We can correct the problem with case by selecting a linguistic sort, such as WEST_EUROPEAN (or GENERIC_M in Oracle 9i) for our NLS_SORT parameter. We set the NLS_SORT parameter dynamically in the ALTER SESSION statement:

     SQL> ALTER SESSION SET NLS_SORT='WEST_EUROPEAN'; Session altered.

This change to the NLS_SORT parameter will remain in effect until the end of the session or until we change it with another ALTER SESSION command. The ORDER BY clause will now sort uppercase and lowercase letters together, including those with diacritical marks:

 SQL> SELECT NAME FROM ML_NAMES ORDER BY NAME; NAME ---------- Álvarez álvarez Amenhotep amenhotep Ångström ångström Capek capek Chytilova chytilova Havel havel Zamboni zamboni 14 rows selected.

This is clearly an improvement and it's actually the best we can do with this multilingual list without favoring one language over another.

Several of the languages represented by the names in this multilingual list have rules that this generic sort ignores. For example, in Swedish, the letter A with a circle above it, Å, is considered a separate letter that sorts after Z. Setting the sort order to SWEDISH yields this list:

 SQL> ALTER SESSION SET NLS_SORT='SWEDISH'; Session altered. SQL> SELECT NAME FROM ML_NAMES ORDER BY NAME; NAME ---------- Álvarez álvarez Amenhotep amenhotep Capek capek Chytilova chytilova Havel havel Zamboni zamboni Ångström ångström 14 rows selected.

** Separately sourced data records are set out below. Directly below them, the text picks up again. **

-- ===== src/Sql/Load.antt =====
-- What `LoadFromPrefix` of db/component.go and of postgres/component.go leaves.
use mathlib.Core.Option.{some_inj}
use go_infra.Prelude.{
  Bool, false, ◌&&◌, Option, some, ◌++◌, ◌≡◌, refl, ap, ◌∙◌, if◌then◌else◌, and_then, Bool-cases,
  inl, inr,
}
use go_infra.Prelude.Text.{Text, codes, is_empty}
use go_infra.Prelude.Int.{ℤ}
use go_infra.Config.Strconv.{atoi}
use go_infra.Config.Property.{property, required_property, get}
use go_infra.Config.Property.Usage.{required_lem}
use go_infra.Config.Loading.{Loading, setting, load_parsed_lem}
use go_infra.Sql.{
  SqlComponent, set_pool_size, set_conn_max_idle_time, set_conn_max_lifetime, default_string,
  host_from_dsn, host_uris_of, set_dsn, set_pool, load_pool, load_idle_time, load_lifetime,
  load_dsn, db_load_from_prefix, postgres_load_from_prefix,
}

abbrev pub text_at : Text → Text → Loading SqlComponent → Text
text_at prefix suffix l = get (prefix ++ suffix) l.property.store

-- Neither size of the pool is there.
abbrev pub is_unset : Text → Loading SqlComponent → Bool
is_unset prefix l =
    is_empty (text_at prefix (codes ".pool.maxIdleConns") l)
    && is_empty (text_at prefix (codes ".pool.maxOpenConns") l)

-- A size of the pool: the old one where neither is there, and zero where only this one is not.
abbrev pub pool_setting : Bool → ℤ → Text → Option ℤ
pool_setting unset old value = if unset then some old else atoi (default_string value (codes "0"))

load_pool_lem :
    (prefix : Text) (l : Loading SqlComponent) (a b : ℤ)
    → pool_setting
        (is_unset prefix l)
        l.component.max_idle_conns
        (text_at prefix (codes ".pool.maxIdleConns") l)
      ≡ some a
    → pool_setting
        (is_unset prefix l)
        l.component.max_open_conns
        (text_at prefix (codes ".pool.maxOpenConns") l)
      ≡ some b
    → load_pool prefix l
      ≡ some (record l {
        property =
            (property
              (prefix ++ codes ".pool.maxOpenConns")
              (property (prefix ++ codes ".pool.maxIdleConns") l.property).0).0;
        component = set_pool_size a b l.component;
      })
unfolding load_pool set_pool property
load_pool_lem prefix l a b ea eb = elim (Bool-cases (is_unset prefix l)) [
  | inl x ↦
      let idle : l.component.max_idle_conns ≡ a = some_inj.0 (rw x at ea) in
      let open_ : l.component.max_open_conns ≡ b = some_inj.0 (rw x at eb) in
      rw (x, load_pool) (rw (← idle, ← open_) refl)
  | inr x ↦
      let idle : atoi (default_string (text_at prefix (codes ".pool.maxIdleConns") l) (codes "0"))
          ≡ some a =
        rw x at ea in
      let open_ : atoi (default_string (text_at prefix (codes ".pool.maxOpenConns") l) (codes "0"))
          ≡ some b =
        rw x at eb in
      rw (x, load_pool, idle, set_pool, open_) refl
]

named_lem :
    (parse_url : Text → Option Text) (parse_duration : Text → Option ℤ) (prefix : Text)
    (l : Loading SqlComponent)
    → is_empty prefix ≡ false
    → db_load_from_prefix parse_url parse_duration prefix l
      ≡ load_dsn parse_url parse_duration prefix l
          (required_property (prefix ++ codes ".dsn") l.property)
unfolding db_load_from_prefix
named_lem parse_url parse_duration prefix l e = rw e refl

-- Under a prefix, with a DSN, and every other property empty or well formed, LoadFromPrefix of
-- postgres/ takes each setting from its property: the sizes of the pool both, zero for the one
-- that is not there, or neither; and the old values for the times that are empty. The host of the
-- DSN, if it has one, joins those of the probe.
pub postgres_load-settings :
    (parse_url : Text → Option Text) (parse_duration : Text → Option ℤ) (prefix : Text)
    (l : Loading SqlComponent) (a b d e : ℤ)
    → is_empty prefix ≡ false
    → is_empty (text_at prefix (codes ".dsn") l) ≡ false
    → pool_setting
        (is_unset prefix l)
        l.component.max_idle_conns
        (text_at prefix (codes ".pool.maxIdleConns") l)
      ≡ some a
    → pool_setting
        (is_unset prefix l)
        l.component.max_open_conns
        (text_at prefix (codes ".pool.maxOpenConns") l)
      ≡ some b
    → setting parse_duration l.component.conn_max_idle_time
        (text_at prefix (codes ".connMaxIdleTime") l)
      ≡ some d
    → setting parse_duration l.component.conn_max_lifetime
        (text_at prefix (codes ".connMaxLifetime") l)
      ≡ some e
    → (l' : Loading SqlComponent) × (postgres_load_from_prefix parse_url parse_duration prefix l
        ≡ some l')
      × (l'.component ≡ record l.component {
        dsn = text_at prefix (codes ".dsn") l;
        max_idle_conns = a;
        max_open_conns = b;
        conn_max_idle_time = d;
        conn_max_lifetime = e;
      })
      × (l'.host_uris
          ≡ l.host_uris ++ host_uris_of (host_from_dsn parse_url (text_at prefix (codes ".dsn") l)))
unfolding postgres_load_from_prefix load_dsn set_dsn property
postgres_load-settings parse_url parse_duration prefix l a b d e named dsn pa pb pd pe =
    let l1 =
      set_dsn parse_url (text_at prefix (codes ".dsn") l)
        (record l { property = (property (prefix ++ codes ".dsn") l.property).0 }) in
    let l2 = record l1 {
      property =
          (property (prefix ++ codes ".pool.maxOpenConns")
            (property (prefix ++ codes ".pool.maxIdleConns") l1.property).0).0;
      component = set_pool_size a b l1.component;
    } in
    let l3 = record l2 {
      property = (property (prefix ++ codes ".connMaxIdleTime") l2.property).0;
      component = set_conn_max_idle_time d l2.component;
    } in
    let l4 = record l3 {
      property = (property (prefix ++ codes ".connMaxLifetime") l3.property).0;
      component = set_conn_max_lifetime e l3.component;
    } in
    let read2 =
      load_parsed_lem parse_duration (prefix ++ codes ".connMaxIdleTime") set_conn_max_idle_time l2
        l.component.conn_max_idle_time d refl pd in
    let read3 =
      load_parsed_lem parse_duration (prefix ++ codes ".connMaxLifetime") set_conn_max_lifetime l3
        l.component.conn_max_lifetime e refl pe in
    (
      l4,
      ap (λ o. and_then o (load_lifetime parse_url parse_duration prefix))
            (named_lem parse_url parse_duration prefix l named
              ∙ ap (load_dsn parse_url parse_duration prefix l)
                  (required_lem (prefix ++ codes ".dsn") l.property dsn)
              ∙ ap (λ o. and_then o (load_idle_time parse_url parse_duration prefix))
                  (load_pool_lem prefix l1 a b pa pb)
              ∙ read2)
          ∙ read3,
      refl,
      refl,
    )
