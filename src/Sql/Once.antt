-- ===== src/Sql/Once.antt =====
-- The client of a component of db/ or postgres/ is made once, and closed once.
use mathlib.Core.Option.{some_inj}
use go_infra.Prelude.{ℕ, none, some, ◌≡◌, sym, ap, ◌∙◌, arith, Bool-cases, Option-cases, inl, inr}
use go_infra.Prelude.Text.{is_empty}
use go_infra.Sql.{SqlComponent, SqlLib, ensure_client, close}

module _ {W : Type 0} (lib : SqlLib W) where
  ensured :
      (c c1 : SqlComponent) (n : ℕ) (w w1 : W)
      → ensure_client lib c w ≡ some (c1, n, w1)
      → c1.client ≡ some n
  unfolding ensure_client
  ensured c c1 n w w1 h = elim (Option-cases c.client) [
    | inr (m, e) ↦
        let same = some_inj.0 (rw (e, ensure_client) at h) in
        ap (λ (x : SqlComponent × ℕ × W). x.0.client) (sym same)
        ∙ e
        ∙ ap (λ (x : SqlComponent × ℕ × W). some x.1) same
    | inl e ↦ elim (Bool-cases (is_empty c.dsn)) [
      | inl x ↦ cc (rw (e, ensure_client, x) at h)
      | inr x ↦
          let same = some_inj.0 (rw (e, ensure_client, x) at h) in
          ap (λ (y : SqlComponent × ℕ × W). y.0.client) (sym same)
          ∙ ap (λ (y : SqlComponent × ℕ × W). some y.1) same
    ]
  ]

  -- A component keeps the client that it made until it is closed; then it has none, and to close it
  -- again does nothing.
  pub ensure_client_once :
      (c c1 : SqlComponent) (n : ℕ) (w w1 w2 : W)
      → ensure_client lib c w ≡ some (c1, n, w1)
      → (ensure_client lib c1 w2 ≡ some (c1, n, w2))
        × (close lib (close lib c1 w2).0 w2 ≡ ((close lib c1 w2).0, w2, none))
  unfolding ensure_client close
  ensure_client_once c c1 n w w1 w2 h =
      let has = ensured c c1 n w w1 h in (ground (arith, has), ground (arith, has))
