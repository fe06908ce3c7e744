-- ===== src/Tests.antt =====
-- The theorems at concrete inputs, and runs of the definitions.
mod KafkaLoad
mod KafkaConsumer
mod KafkaAwait
mod RabbitClient
mod SqlLoad
mod WebRequest
mod GrpcPool
mod Startup
mod SchedulerJobs
mod DedupeMarks
mod AppRuntime
mod ConfigProperty
mod LockQueue
mod LockSystem
mod LockOverlap
mod ModuleCalls
mod MongoCalls
mod LockBackend
mod LockManager
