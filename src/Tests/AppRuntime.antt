-- ===== src/Tests/AppRuntime.antt =====
-- The lifecycle and the components of app/ in a world that logs what runs.
use go_infra.Prelude.{ℕ, true, none, some, List, [], ◌∷◌, ◌++◌, ◌≡◌, refl}
use go_infra.Prelude.Text.{codes}
use go_infra.Prelude.Dict.{lookup}
use go_infra.Config.Property.{PropertyStore, validate, new_property_runtime}
use go_infra.App.Lifecycle.{Task, run_tasks}
use go_infra.App.Lifecycle.Order.{StartupPhase, ShutdownPhase}
use go_infra.App.Runtime.{
  Component, Kind, Runtime, Environment, stopped, new_runtime, mark_started, app_start,
  lookup_component,
}
use go_infra.App.Runtime.Start.{app_start_order, with_tasks}
use go_infra.App.Register.{lock_register, redis_register, ensure_redis}
use go_infra.App.Register.Once.{lock_register-once}

-- The task `n` writes its number.
abbrev log : ℕ → Task (List ℕ)
log n w = some (w ++ n ∷ [])

abbrev env : Environment (List ℕ)
env = record {
  web_start = log 100;
  web_shutdown = log 101;
  start = λ id. log 105;
  stop = λ id. log 106;
  await_termination = λ id. log 107;
  close_producer = λ id. log 108;
  close = λ id. log 102;
  probe_check = λ p w. (w ++ 103 ∷ [], none);
  initialize_other = λ c name r. some r;
  validates_other = λ c. true;
  wait = λ w. w ++ 104 ∷ [];
}

abbrev ups : List (StartupPhase × Task (List ℕ))
ups =
    (StartupPhase.serve, log 3)
    ∷ (StartupPhase.start, log 2)
    ∷ (StartupPhase.initialize, log 1)
    ∷ []

abbrev downs : List (ShutdownPhase × Task (List ℕ))
downs =
    (ShutdownPhase.stop_server, log 7)
    ∷ (ShutdownPhase.release_resources, log 6)
    ∷ (ShutdownPhase.stop_background, log 5)
    ∷ []

abbrev one_key : PropertyStore
one_key = record { values = (codes "web.addr", codes ":80") ∷ [] }

abbrev full : Runtime (List ℕ)
full = record (with_tasks env ups downs (new_runtime env)) { property = new_property_runtime }

abbrev full_log : List ℕ
full_log = 103 ∷ 1 ∷ 2 ∷ 100 ∷ 3 ∷ 104 ∷ 5 ∷ 6 ∷ 101 ∷ 7 ∷ []

app_start_order_example : app_start env full [] ≡ stopped (mark_started full) full_log
unfolding run_tasks validate new_property_runtime new_runtime
app_start_order_example =
    app_start_order env ups downs new_property_runtime [] (103 ∷ 1 ∷ 2 ∷ 100 ∷ 3 ∷ []) full_log refl
      refl refl refl

some_component : Component
some_component = record { kind = Kind.other; id = 9; redis_component_name = [] }

lock_register-once_example :
    (r' : Runtime (List ℕ)) × (c found : Component) × (lock_register env
        (codes "jobs")
        (new_runtime env)
      ≡ some (r', c))
    × (lock_register env (codes "jobs") r' ≡ some (r', c))
    × (ensure_redis c r' ≡ some found)
    × (redis_register env (codes "jobs") r' ≡ some (r', found))
unfolding lookup_component lookup new_runtime
lock_register-once_example = lock_register-once env (codes "jobs") (new_runtime env) refl refl tt
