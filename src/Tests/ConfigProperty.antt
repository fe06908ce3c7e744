-- ===== src/Tests/ConfigProperty.antt =====
-- config/property.go at concrete files.
use go_infra.Prelude.{none, some, List, [], ◌∷◌, ◌++◌, ◌≡◌, refl, map}
use go_infra.Prelude.Text.{Text, codes, text_eq}
use go_infra.Prelude.Sort.{text_leb}
use go_infra.Prelude.Dict.{insert}
use go_infra.Config.Strings.{trim_space, ends_in_backslash, drop_last, cut, ends_well}
use go_infra.Config.Property.{
  PropertyStore, PropertyUsageValidator, set, load, load_line, is_skipped, validate_unused, used,
}
use go_infra.Config.Property.RoundTrip.{IsKey, IsValue, Entry, IsEntry, line, load-set_all}
use go_infra.Config.Property.Continued.{goes_on, load-continued}

abbrev empty : PropertyStore
empty = record { values = [] }

abbrev port : Entry
port = record {
  key = codes "app.port";
  value = codes "80 80";
  before_key = codes " ";
  after_key = codes "\t";
  before_value = codes "  ";
  after_value = codes " ";
}

abbrev blank : Entry
blank = record {
  key = codes "k";
  value = [];
  before_key = [];
  after_key = [];
  before_value = codes " ";
  after_value = [];
}

-- A file with a comment, a value over two lines, and a line with no key.
abbrev file : List Text
file = codes "# demo" ∷ codes "a = x\\" ∷ codes "  y" ∷ codes "= lost" ∷ codes "// b = 1" ∷ []

load-file : (load file none empty).0 ≡ record { values = (codes "a", codes "xy") ∷ [] }
unfolding load load_line trim_space ends_in_backslash drop_last cut set insert
load-file = refl

port-IsKey : IsKey (codes "app.port")
unfolding is_skipped ends_well
port-IsKey = record {
  present = refl;
  starts = refl;
  ends = refl;
  no_equals = (refl, (refl, (refl, (refl, (refl, (refl, (refl, (refl, tt))))))));
  no_comment = refl;
}

port-IsEntry : IsEntry port
unfolding ends_in_backslash ends_well
port-IsEntry = record {
  key = port-IsKey;
  value = record { starts = refl; ends = refl; complete = refl };
  before_key = (refl, tt);
  after_key = (refl, tt);
  before_value = (refl, (refl, tt));
  after_value = (refl, tt);
}

load-set_all_example :
    (load (line port ∷ []) none empty).0 ≡ set (codes "app.port") (codes "80 80") empty
load-set_all_example = load-set_all (port ∷ []) none empty (port-IsEntry, tt)

last_part : IsValue (codes "z")
unfolding ends_in_backslash ends_well
last_part = record { starts = refl; ends = refl; complete = refl }

load-continued_example :
    (load
      ((codes "app.port" ++ b'=' ∷ goes_on (codes " x "))
        ∷ (map goes_on (codes "y" ∷ []) ++ codes "z" ∷ []))
      none
      empty).0
    ≡ set (codes "app.port") (codes "x yz") empty
unfolding trim_space
load-continued_example =
    load-continued (codes "app.port") (codes " x ") (codes "y" ∷ []) (codes "z") none empty
      port-IsKey (refl, tt) last_part

-- The spaces U+3000 and U+00A0 are trimmed, and the bytes of other characters are not.
trim_unicode :
    trim_space (227 ∷ 128 ∷ 128 ∷ 226 ∷ 130 ∷ 172 ∷ 32 ∷ 194 ∷ 160 ∷ []) ≡ 226 ∷ 130 ∷ 172 ∷ []
unfolding trim_space
trim_unicode = refl

one_value : PropertyStore
one_value = record { values = (codes "a", codes "1") ∷ [] }

no_reads : PropertyUsageValidator
no_reads = record { used_keys = [] }

-- The error names the unused keys in order.
unused_sorted :
    validate_unused (codes "b" ∷ codes "a" ∷ []) no_reads ≡ some (codes "a" ∷ codes "b" ∷ [])
unfolding validate_unused no_reads text_leb used text_eq
unused_sorted = refl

In some languages, certain combinations of letters are treated as a single character when sorting this is called contraction. In Czech, for example, CH is sorted as a single letter that falls between H and I. If we set NLS_SORT to XCZECH to enable extended Czech collation, names beginning with CH, disregarding case, will fall after names beginning with H:

 SQL> ALTER SESSION SET NLS_SORT='XCZECH'; Session altered. SQL> SELECT NAME FROM ML_NAMES ORDER BY NAME; NAME ---------- álvarez Álvarez amenhotep Amenhotep capek Capek havel Havel chytilova Chytilova Ångström ångström zamboni Zamboni 14 rows selected.

In other languages, certain single characters are treated as though they were two characters this is called expansion. In German, for example, vowels with an umlaut are sorted as though they were the combination of the base vowel (the vowel without the umlaut) plus the letter e. For example, ä is sorted as though it were ae.

There are many other issues involved in collation, especially in non-Western European languages, which are beyond the scope of this book. Eastern European languages, bidirectional languages, and Asian languages all present unique challenges. If your requirements include support for these languages, you will also need to consider related issues, such as character set support and language tagging.

Java's internationalization classes also include support for linguistic sorts (see the Collator class, in particular), but sorting is much more costly to perform in a client application than it is using the database. Even if you are using other internationalization features in Java such as date and currency formats, which you may find easier and more flexible to use than Oracle's, you should still rely on Oracle for linguistically correct sorting.